(DIRECTIONS FOR THIS TASK)
Among the lines below, take the one holding "(ground arith, lt))", the one holding "from_lem (suc fuel) s lo hi pre (a", and all lines between them. Set them down exactly.
[[ RECORDS FOR THE TASK open ]]
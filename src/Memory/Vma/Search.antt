-- ===== src/Memory/Vma/Search.antt =====
-- `vma_find` and `vma_overlaps` (`src/memory/vma.c`).
use mathlib.Core.List.{append_assoc}
use reddyos_osdev.Base.{
  ℕ, zero, suc, ◌%◌, ◌^◌, ◌≤◌, ◌<◌, ◌≡◌, ◌≢◌, ◌∙◌, ◌⊎◌, inl, inr, refl, ap, sym, subst, Bool, true,
  false, Option, none, some, List, [], ◌∷◌, ◌++◌, length, length-append, ltb, leb, ◌==◌, All,
  All-append, All-map, arith, Bool-cases,
}
use reddyos_osdev.Base.Outcome.{Outcome, done}
use reddyos_osdev.Memory.BsTree.{
  BsTree, Shape, leaf, node, order, Increasing, nearest, first, after, Among,
}
use reddyos_osdev.Memory.Vma.{
  VmArea, Vm, vma_base, vma_start, areas, vma_find, vma_overlaps, overlaps_from,
}

abbrev pub Contains : VmArea → ℕ → Type 0
Contains vma x = (vma.start ≤ x) × (x < vma.end)

abbrev pub Meets : ℕ → ℕ → VmArea → Type 0
Meets lo hi vma = (lo < vma.end) × (vma.start < hi)

-- Areas of some length, one behind the other.
abbrev pub Disjoint : (ℕ → VmArea) → List ℕ → Type 0
Disjoint area [] = Unit
Disjoint area (a ∷ as') =
    ((area a).start < (area a).end)
    × All (λ b. (area a).end ≤ (area b).start) as'
    × Disjoint area as'

-- Whole pages in the part of the address space that is for areas.
abbrev pub InRange : VmArea → Type 0
InRange vma =
    (vma_base ≤ vma.start) × (vma.end < 2 ^ 63) × (vma.start % 4096 ≡ 0) × (vma.end % 4096 ≡ 0)

module _ (P : ℕ → Type 0) where
  pub All-left : (xs ys : List ℕ) → All P (xs ++ ys) → All P xs
  All-left [] ys h = tt
  All-left (x ∷ xs) ys h = (h.0, All-left xs ys h.1)

  pub All-right : (xs ys : List ℕ) → All P (xs ++ ys) → All P ys
  All-right [] ys h = h
  All-right (x ∷ xs) ys h = All-right xs ys h.1

module _ (area : ℕ → VmArea) where
  -- The areas before one of the list.
  abbrev pub Before : ℕ → ℕ → Type 0
  Before a b = ((area b).start < (area b).end) × ((area b).end ≤ (area a).start)

  pub Disjoint-Increasing : (xs : List ℕ) → Disjoint area xs → Increasing (λ a. (area a).start) xs
  Disjoint-Increasing [] d = tt
  Disjoint-Increasing (x ∷ xs) d =
      (All-map _ _ xs (λ b h. omega (arith, d.0, h)) d.1, Disjoint-Increasing xs d.2)

  pub Disjoint-middle :
      (pre : List ℕ) (a : ℕ) (post : List ℕ)
      → Disjoint area (pre ++ a ∷ post)
      → All (Before a) pre × Disjoint area (a ∷ post)
  Disjoint-middle [] a post d = (tt, d)
  Disjoint-middle (x ∷ pre) a post d =
      let (before, rest) = Disjoint-middle pre a post d.2 in
      (((d.0, (All-right _ pre (a ∷ post) d.1).0), before), rest)

  -- What the search for an address finds, and on which side of it the others lie.
  pub nearest_split :
      (addr : ℕ) (xs : List ℕ)
      → Disjoint area xs
      → ((nearest (λ a. (area a).start) addr xs ≡ none) × All (λ b. addr < (area b).start) xs)
        ⊎ ((pre : List ℕ) × (a : ℕ) × (post : List ℕ) × (xs ≡ pre ++ a ∷ post)
            × (nearest (λ a. (area a).start) addr xs ≡ some a)
            × ((area a).start ≤ addr)
            × All (λ b. addr < (area b).start) post)
  nearest_split addr [] d = inl (refl, tt)
  nearest_split addr (x ∷ xs) d = elim (Bool-cases (leb (area x).start addr)) [
    | inr above ↦
        let lt : addr < (area x).start = ground arith in
        inl (rw above refl, (lt, All-map _ _ xs (λ b h. omega (arith, lt, d.0, h)) d.1))
    | inl below ↦
        let le : (area x).start ≤ addr = ground arith in
        elim (nearest_split addr xs d.2) [
          | inl (e, all) ↦ inr ([], x, xs, refl, rw (below, e) refl, le, all)
          | inr (pre, a, post, e, found, le', all) ↦
              inr (x ∷ pre, a, post, ap (λ t. x ∷ t) e, rw (below, found) refl, le', all)
        ]
  ]

  pub after_middle :
      (pre : List ℕ) (a : ℕ) (post : List ℕ)
      → All (Before a) pre
      → (area a).start < (area a).end
      → after a (pre ++ a ∷ post) ≡ first post
  after_middle [] a post before some_bytes =
      let same : (a == a) ≡ true = ground arith in rw same refl
  after_middle (x ∷ pre) a post before some_bytes =
      let ne : a ≢ x = λ e.
        absurd (omega (arith, before.0.0, before.0.1, some_bytes, ap (λ k. (area k).start) e)) in
      let other : (a == x) ≡ false = ground (arith, ne) in
      rw other (after_middle pre a post before.1 some_bytes)

module _ (bt : BsTree) where
  -- The areas of a process lie one behind the other, on whole pages in their part of the space.
  pub record IsValid (s : Vm bt) : Type 0 where
    pub apart : Disjoint s.area (areas bt s)
    pub range : All (λ a. InRange (s.area a)) (areas bt s)

  search_lem :
      (s : Vm bt) (addr : ℕ)
      → Disjoint s.area (areas bt s)
      → bt.search (vma_start bt s) addr s.tree ≡ nearest (vma_start bt s) addr (areas bt s)
  search_lem s addr d =
      bt.search_nearest (vma_start bt s) addr s.tree (Disjoint-Increasing s.area (areas bt s) d)

  Among-middle : (pre : List ℕ) (a : ℕ) (post : List ℕ) → Among a (pre ++ a ∷ post)
  Among-middle [] a post = inl refl
  Among-middle (x ∷ pre) a post = inr (Among-middle pre a post)

  -- On areas in order, `vma_find` gives the area that contains the address, and NULL exactly if
  -- none does.
  pub vma_find_lem :
      (s : Vm bt) (addr : ℕ)
      → IsValid s
      → ((a : ℕ) × (vma_find bt s addr ≡ some a) × Among a (areas bt s) × Contains (s.area a) addr)
        ⊎ ((vma_find bt s addr ≡ none) × All (λ a. ¬ Contains (s.area a) addr) (areas bt s))
  unfolding vma_find
  vma_find_lem s addr v = elim (nearest_split s.area addr (areas bt s) v.apart) [
    | inl (e, above) ↦ inr (
      rw (search_lem s addr v.apart, e, vma_find) refl,
      All-map _ _ (areas bt s) (λ b h c. absurd (omega (arith, h, c.0))) above,
    )
    | inr (pre, a, post, e, found, le, above) ↦
        let (before, here) =
          Disjoint-middle s.area pre a post (subst (Disjoint s.area) e v.apart) in
        let low : leb (s.area a).start addr ≡ true = ground (arith, le) in
        elim (Bool-cases (ltb addr (s.area a).end)) [
          | inl inside ↦ inl (
            a,
            rw (search_lem s addr v.apart, found, vma_find) (rw (low, inside) refl),
            subst (Among a) (sym e) (Among-middle pre a post),
            (le, ground arith),
          )
          | inr outside ↦
              let ge : (s.area a).end ≤ addr = ground arith in
              inr (
                rw (search_lem s addr v.apart, found, vma_find) (rw (low, outside) refl),
                subst (All (λ b. ¬ Contains (s.area b) addr)) (sym e) (
                    All-append _ pre (a ∷ post)
                      (All-map _ _ pre (λ b h c. absurd (omega (arith, h.0, h.1, c.1, le))) before)
                      (
                        λ c. absurd (omega (arith, ge, c.1)),
                        All-map _ _ post (λ b h c. absurd (omega (arith, h, c.0))) above,
                      )),
              )
        ]
  ]

  -- Some area of a list meets a range, or none does, and a call says which.
  abbrev pub Decides : Vm bt → ℕ → ℕ → List ℕ → Outcome Bool → Type 0
  Decides s lo hi xs r =
      ((r ≡ done true) × (b : ℕ) × Among b xs × Meets lo hi (s.area b))
      ⊎ ((r ≡ done false) × All (λ b. ¬ Meets lo hi (s.area b)) xs)

  -- One round, given what the rest of the list decides.
  round_lem :
      (fuel : ℕ) (s : Vm bt) (lo hi : ℕ) (pre : List ℕ) (a : ℕ) (post : List ℕ)
      → areas bt s ≡ pre ++ a ∷ post
      → Disjoint s.area (areas bt s)
      → Decides s lo hi post (overlaps_from bt fuel s lo hi (first post))
      → Decides s lo hi (a ∷ post) (overlaps_from bt (suc fuel) s lo hi (some a))
  unfolding overlaps_from
  round_lem fuel s lo hi pre a post e d rest =
      let (before, here) = Disjoint-middle s.area pre a post (subst (Disjoint s.area) e d) in
      let next : bt.successor a s.tree ≡ first post =
        bt.successor_after a s.tree
        ∙ ap (after a) e
        ∙ after_middle s.area pre a post before here.0 in
      elim (Bool-cases (leb hi (s.area a).start)) [
        | inl past ↦
            let le : hi ≤ (s.area a).start = ground arith in
            inr (
              rw past refl,
              (
                (λ m. absurd (omega (arith, m.1, le))),
                All-map _ _ post (λ b h m. absurd (omega (arith, m.1, le, here.0, h))) here.1,
              ),
            )
        | inr low ↦
            let lt : (s.area a).start < hi = ground arith in
            let up : ltb (s.area a).start hi ≡ true = ground (arith, lt) in
            elim (Bool-cases (ltb lo (s.area a).end)) [
              | inl reach ↦ inl (rw (low, reach, up) refl, a, inl refl, (ground arith, lt))
              | inr short ↦
                  let misses : ¬ Meets lo hi (s.area a) = λ m. absurd (ground (arith, m.0)) in
                  elim rest [
                    | inl (r, b, among, meets) ↦ inl (rw (low, short, next) r, b, inr among, meets)
                    | inr (r, none_meets) ↦ inr (rw (low, short, next) r, (misses, none_meets))
                  ]
            ]
      ]

  from_lem :
      (fuel : ℕ) (s : Vm bt) (lo hi : ℕ) (pre post : List ℕ)
      → areas bt s ≡ pre ++ post
      → Disjoint s.area (areas bt s)
      → length post ≤ fuel
      → Decides s lo hi post (overlaps_from bt fuel s lo hi (first post))
  unfolding overlaps_from
  from_lem zero s lo hi pre [] e d enough = inr (refl, tt)
  from_lem (suc fuel) s lo hi pre [] e d enough = inr (refl, tt)
  from_lem zero s lo hi pre (a ∷ post) e d enough = absurd (omega arith)
  from_lem (suc fuel) s lo hi pre (a ∷ post) e d enough = round_lem fuel s lo hi pre a post e d (
      from_lem fuel s lo hi (pre ++ a ∷ []) post (e ∙ sym (append_assoc pre (a ∷ []) post)) d
        (omega arith))

  Shape-cases :
      (sh : Shape) → (sh ≡ leaf) ⊎ ((l : Shape) × (a : ℕ) × (r : Shape) × (sh ≡ node l a r))
  Shape-cases leaf = inl refl
  Shape-cases (node l a r) = inr (l, a, r, refl)

  Among-right : (b : ℕ) (pre post : List ℕ) → Among b post → Among b (pre ++ post)
  Among-right b [] post m = m
  Among-right b (x ∷ pre) post m = inr (Among-right b pre post m)

  -- Where the loop of `vma_overlaps` begins.
  abbrev begins_at : Vm bt → Option ℕ → Option ℕ
  begins_at s found = elim found [ none ↦ bt.minimum s.tree | some b ↦ some b ]

  abbrev begins : Vm bt → ℕ → Option ℕ
  begins s lo = begins_at s (bt.search (vma_start bt s) lo s.tree)

  overlaps_of :
      (s : Vm bt) (lo hi : ℕ) (l : Shape) (k : ℕ) (r : Shape)
      → bt.shape s.tree ≡ node l k r
      → vma_overlaps bt s lo hi ≡ overlaps_from bt (length (areas bt s)) s lo hi (begins s lo)
  unfolding vma_overlaps
  overlaps_of s lo hi l k r e =
      ap
        (λ sh. elim sh as (λ x. Outcome Bool) [
          | leaf ↦ done false
          | node l a r ↦ overlaps_from bt (length (areas bt s)) s lo hi (begins s lo)
        ])
        e

  -- On areas in order, `vma_overlaps` ends and says whether the range meets an area.
  pub vma_overlaps_lem :
      (s : Vm bt) (lo hi : ℕ) → IsValid s → Decides s lo hi (areas bt s) (vma_overlaps bt s lo hi)
  unfolding vma_overlaps
  vma_overlaps_lem s lo hi v = elim (Shape-cases (bt.shape s.tree)) [
    | inl e ↦ inr (
      rw (e, vma_overlaps) refl,
      subst (λ sh. All (λ b. ¬ Meets lo hi (s.area b)) (order sh)) (sym e) tt,
    )
    | inr (l, k, r, e) ↦ elim (nearest_split s.area lo (areas bt s) v.apart) [
      | inl (absent, above) ↦
          let all =
            from_lem (length (areas bt s)) s lo hi [] (areas bt s) refl v.apart (omega arith) in
          let at : begins s lo ≡ first (areas bt s) =
            ap (begins_at s) (search_lem s lo v.apart ∙ absent) ∙ bt.minimum_first s.tree in
          rw (overlaps_of s lo hi l k r e, at) all
      | inr (pre, a, post, split, found, le, above) ↦
          let (before, here) =
            Disjoint-middle s.area pre a post (subst (Disjoint s.area) split v.apart) in
          let at : begins s lo ≡ some a = ap (begins_at s) (search_lem s lo v.apart ∙ found) in
          let some_left =
            from_lem (length (areas bt s)) s lo hi pre (a ∷ post) split v.apart
              (omega (arith, ap length split, length-append pre (a ∷ post))) in
          elim some_left [
            | inl (run, b, among, meets) ↦ inl (
              overlaps_of s lo hi l k r e ∙ rw at run,
              b,
              subst (Among b) (sym split) (Among-right b pre (a ∷ post) among),
              meets,
            )
            | inr (run, misses) ↦ inr (
              overlaps_of s lo hi l k r e ∙ rw at run,
              subst (All (λ b. ¬ Meets lo hi (s.area b))) (sym split) (
                  All-append _ pre (a ∷ post)
                    (All-map _ _ pre (λ b h m. absurd (omega (arith, h.0, h.1, m.0, le))) before)
                    misses),
            )
          ]
    ]
  ]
[[ RECORDS FOR THE TASK closed ]]
(ANSWER BELOW)
              | inl reach ↦ inl (rw (low, reach, up) refl, a, inl refl, (ground arith, lt))
              | inr short ↦
                  let misses : ¬ Meets lo hi (s.area a) = λ m. absurd (ground (arith, m.0)) in
                  elim rest [
                    | inl (r, b, among, meets) ↦ inl (rw (low, short, next) r, b, inr among, meets)
                    | inr (r, none_meets) ↦ inr (rw (low, short, next) r, (misses, none_meets))
                  ]
            ]
      ]

  from_lem :
      (fuel : ℕ) (s : Vm bt) (lo hi : ℕ) (pre post : List ℕ)
      → areas bt s ≡ pre ++ post
      → Disjoint s.area (areas bt s)
      → length post ≤ fuel
      → Decides s lo hi post (overlaps_from bt fuel s lo hi (first post))
  unfolding overlaps_from
  from_lem zero s lo hi pre [] e d enough = inr (refl, tt)
  from_lem (suc fuel) s lo hi pre [] e d enough = inr (refl, tt)
  from_lem zero s lo hi pre (a ∷ post) e d enough = absurd (omega arith)
  from_lem (suc fuel) s lo hi pre (a ∷ post) e d enough = round_lem fuel s lo hi pre a post e d (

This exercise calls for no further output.